-- ===== src/Service/Jumps.antt =====
-- Jumps of the wall clock against the boot-time clock.
use eos_payg.Base.{
  ℕ, ◌+◌, ◌≡◌, refl, sym, ◌∙◌, ap, subst, ◌⊎◌, inl, inr, true, Option, some, List, [], ◌∷◌,
  Bool-cases, Option-cases, arith,
}
use eos_payg.Base.Int.{ℤ, pos, negsuc, sub_ℕ}
use eos_payg.Manager.{Clock, ◌>>=◌}
use eos_payg.Provider.{Provider, provider_wallclock_time_changed}
use eos_payg.Service.{Service, Reading, jump_delta, is_zero, jumped, clock_jump_cb}

-- What is added forward, and back.
abbrev pub forward : List (Clock × ℤ) → ℕ
forward [] = 0
forward ((c, pos n) ∷ ds) = n + forward ds
forward ((c, negsuc n) ∷ ds) = forward ds

abbrev pub back : List (Clock × ℤ) → ℕ
back [] = 0
back ((c, pos n) ∷ ds) = back ds
back ((c, negsuc n) ∷ ds) = n + 1 + back ds

module _ {S : Type 0} (P : Provider S) where
  -- The callbacks of the clock-jump source, each with what it reads.
  unfoldable pub clock_jumps : List (Clock × Reading) → Service S → Option (Service S)
  clock_jumps [] s = some s
  clock_jumps ((c, v1) ∷ rest) s = do s' ← clock_jump_cb P c v1 s; clock_jumps rest s'

  -- The provider is told of changes of the wall clock, one after the other.
  unfoldable pub told : List (Clock × ℤ) → S → Option S
  told [] p = some p
  told ((c, delta) ∷ ds) p = do p' ← provider_wallclock_time_changed P c delta p; told ds p'

  sub_ℕ-sums :
      (c : Clock) (a b : ℕ) (ds : List (Clock × ℤ))
      → forward ((c, sub_ℕ a b) ∷ ds) + b + back ds ≡ back ((c, sub_ℕ a b) ∷ ds) + a + forward ds
  sub_ℕ-sums c a b ds = ground arith

  is_zero_lem : (d : ℤ) → is_zero P d ≡ true → d ≡ pos 0
  is_zero_lem (pos n) zero_delta = ground arith
  is_zero_lem (negsuc n) zero_delta = absurd cc

  -- One callback: either there was no jump, or the provider is told of it.
  clock_jump_cb-cases :
      (c : Clock) (v1 : Reading) (s : Service S) {s' : Service S}
      → clock_jump_cb P c v1 s ≡ some s'
      → (p p' : S) × (s.provider ≡ some p)
        × (s'.provider ≡ some p')
        × (s'.clock_realtime_secs_v0 ≡ v1.realtime)
        × (s'.clock_boottime_secs_v0 ≡ v1.boottime)
        × (((jump_delta P v1 s ≡ pos 0) × (p' ≡ p))
            ⊎ (provider_wallclock_time_changed P c (jump_delta P v1 s) p ≡ some p'))
  unfolding clock_jump_cb
  clock_jump_cb-cases c v1 s {s'} h = elim (Option-cases s.provider) [
    | inl missing ↦ absurd (ground arith)
    | inr (p, own) ↦ elim (Bool-cases (is_zero P (jump_delta P v1 s))) [
      | inl still ↦
          let same : s' ≡ jumped P v1 p s = ground arith in
          (
            p,
            p,
            own,
            ap (λ u. u.provider) same,
            ap (λ u. u.clock_realtime_secs_v0) same,
            ap (λ u. u.clock_boottime_secs_v0) same,
            inl (is_zero_lem (jump_delta P v1 s) still, refl),
          )
      | inr moves ↦
          elim (Option-cases (provider_wallclock_time_changed P c (jump_delta P v1 s) p)) [
            | inl failed ↦ absurd (ground arith)
            | inr (p', changed) ↦
                let same : s' ≡ jumped P v1 p' s = ground arith in
                (
                  p,
                  p',
                  own,
                  ap (λ u. u.provider) same,
                  ap (λ u. u.clock_realtime_secs_v0) same,
                  ap (λ u. u.clock_boottime_secs_v0) same,
                  inr changed,
                )
          ]
    ]
  ]

  sub_ℕ-zero : (a b : ℕ) → sub_ℕ a b ≡ pos 0 → a ≡ b
  sub_ℕ-zero a b h = ground arith

  no_jump_sums :
      (r0 b0 r1 b1 rn bn f k : ℕ) {r b : ℕ}
      → r1 + b0 ≡ r0 + b1
      → r ≡ r1
      → b ≡ b1
      → f + r + bn ≡ k + rn + b
      → f + r0 + bn ≡ k + rn + b0
  no_jump_sums r0 b0 r1 b1 rn bn f k zero_delta real boot sums = omega arith

  jump_sums :
      (r0 b0 r1 b1 rn bn f k f' k' : ℕ) {r b : ℕ}
      → f' + (r0 + b1) + k ≡ k' + (r1 + b0) + f
      → r ≡ r1
      → b ≡ b1
      → f + r + bn ≡ k + rn + b
      → f' + r0 + bn ≡ k' + rn + b0
  jump_sums r0 b0 r1 b1 rn bn f k f' k' delta real boot sums = omega arith

  told_more :
      (c : Clock) (delta : ℤ) (ds : List (Clock × ℤ)) (p : S) {p1 p' : S}
      → provider_wallclock_time_changed P c delta p ≡ some p1
      → told ds p1 ≡ some p'
      → told ((c, delta) ∷ ds) p ≡ some p'
  unfolding told
  told_more c delta ds p first rest = rw (first) rest

  -- Over any sequence of clock-jump callbacks that returns, the provider is told of a sequence of
  -- changes and nothing else, and the changes add up to what the wall clock has moved on more than
  -- the boot-time clock since the first reading.
  pub clock_jumps_lem :
      (rs : List (Clock × Reading)) (p : S) (s : Service S) {s' : Service S}
      → s.provider ≡ some p
      → clock_jumps rs s ≡ some s'
      → (ds : List (Clock × ℤ)) × (p' : S) × (told ds p ≡ some p')
        × (s'.provider ≡ some p')
        × (forward ds + s.clock_realtime_secs_v0 + s'.clock_boottime_secs_v0
            ≡ back ds + s'.clock_realtime_secs_v0 + s.clock_boottime_secs_v0)
  unfolding clock_jumps told
  clock_jumps_lem [] p s {s'} own h =
      let same : s ≡ s' = ground arith in
      (
        [],
        p,
        refl,
        ap (λ u. u.provider) (sym same) ∙ own,
        omega (
          arith,
          ap (λ u. u.clock_realtime_secs_v0) same,
          ap (λ u. u.clock_boottime_secs_v0) same,
        ),
      )
  clock_jumps_lem ((c, v1) ∷ rs) p s {s'} own h = elim (Option-cases (clock_jump_cb P c v1 s)) [
    | inl failed ↦ absurd (ground arith)
    | inr (s1, done) ↦
        let (q, p1, own', next, real, boot, change) = clock_jump_cb-cases c v1 s done in
        let same : q ≡ p = ground arith in
        let (ds, p', tells, ends, sums) = clock_jumps_lem rs p1 s1 {s' = s'} next (ground arith) in
        let all =
          sub_ℕ-sums c (v1.realtime + s.clock_boottime_secs_v0)
            (s.clock_realtime_secs_v0 + v1.boottime) ds in
        elim change [
          | inl (still, kept) ↦ (
            ds,
            p',
            subst (λ u. told ds u ≡ some p') (kept ∙ same) tells,
            ends,
            no_jump_sums _ _ _ _ _ _ _ _
                (sub_ℕ-zero (v1.realtime + s.clock_boottime_secs_v0)
                  (s.clock_realtime_secs_v0 + v1.boottime) still)
                real boot sums,
          )
          | inr changed ↦ (
            (c, jump_delta P v1 s) ∷ ds,
            p',
            told_more c (jump_delta P v1 s) ds p
                (subst (λ u. provider_wallclock_time_changed P c (jump_delta P v1 s) u ≡ some p1)
                  same changed)
                tells,
            ends,
            jump_sums _ _ _ _ _ _ _ _ _ _ all real boot sums,
          )
        ]
  ]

**Brief**
Print exactly the lines above, between the one holding "(s.clock_realtime_secs_v0 + v1.boottime) ds" and the one holding "(subst (λ u.", inclusive, and nothing besides.

**Solved problem**
            (s.clock_realtime_secs_v0 + v1.boottime) ds in
        elim change [
          | inl (still, kept) ↦ (
            ds,
            p',
            subst (λ u. told ds u ≡ some p') (kept ∙ same) tells,
            ends,
            no_jump_sums _ _ _ _ _ _ _ _
                (sub_ℕ-zero (v1.realtime + s.clock_boottime_secs_v0)
                  (s.clock_realtime_secs_v0 + v1.boottime) still)
                real boot sums,
          )
          | inr changed ↦ (
            (c, jump_delta P v1 s) ∷ ds,
            p',
            told_more c (jump_delta P v1 s) ds p
                (subst (λ u. provider_wallclock_time_changed P c (jump_delta P v1 s) u ≡ some p1)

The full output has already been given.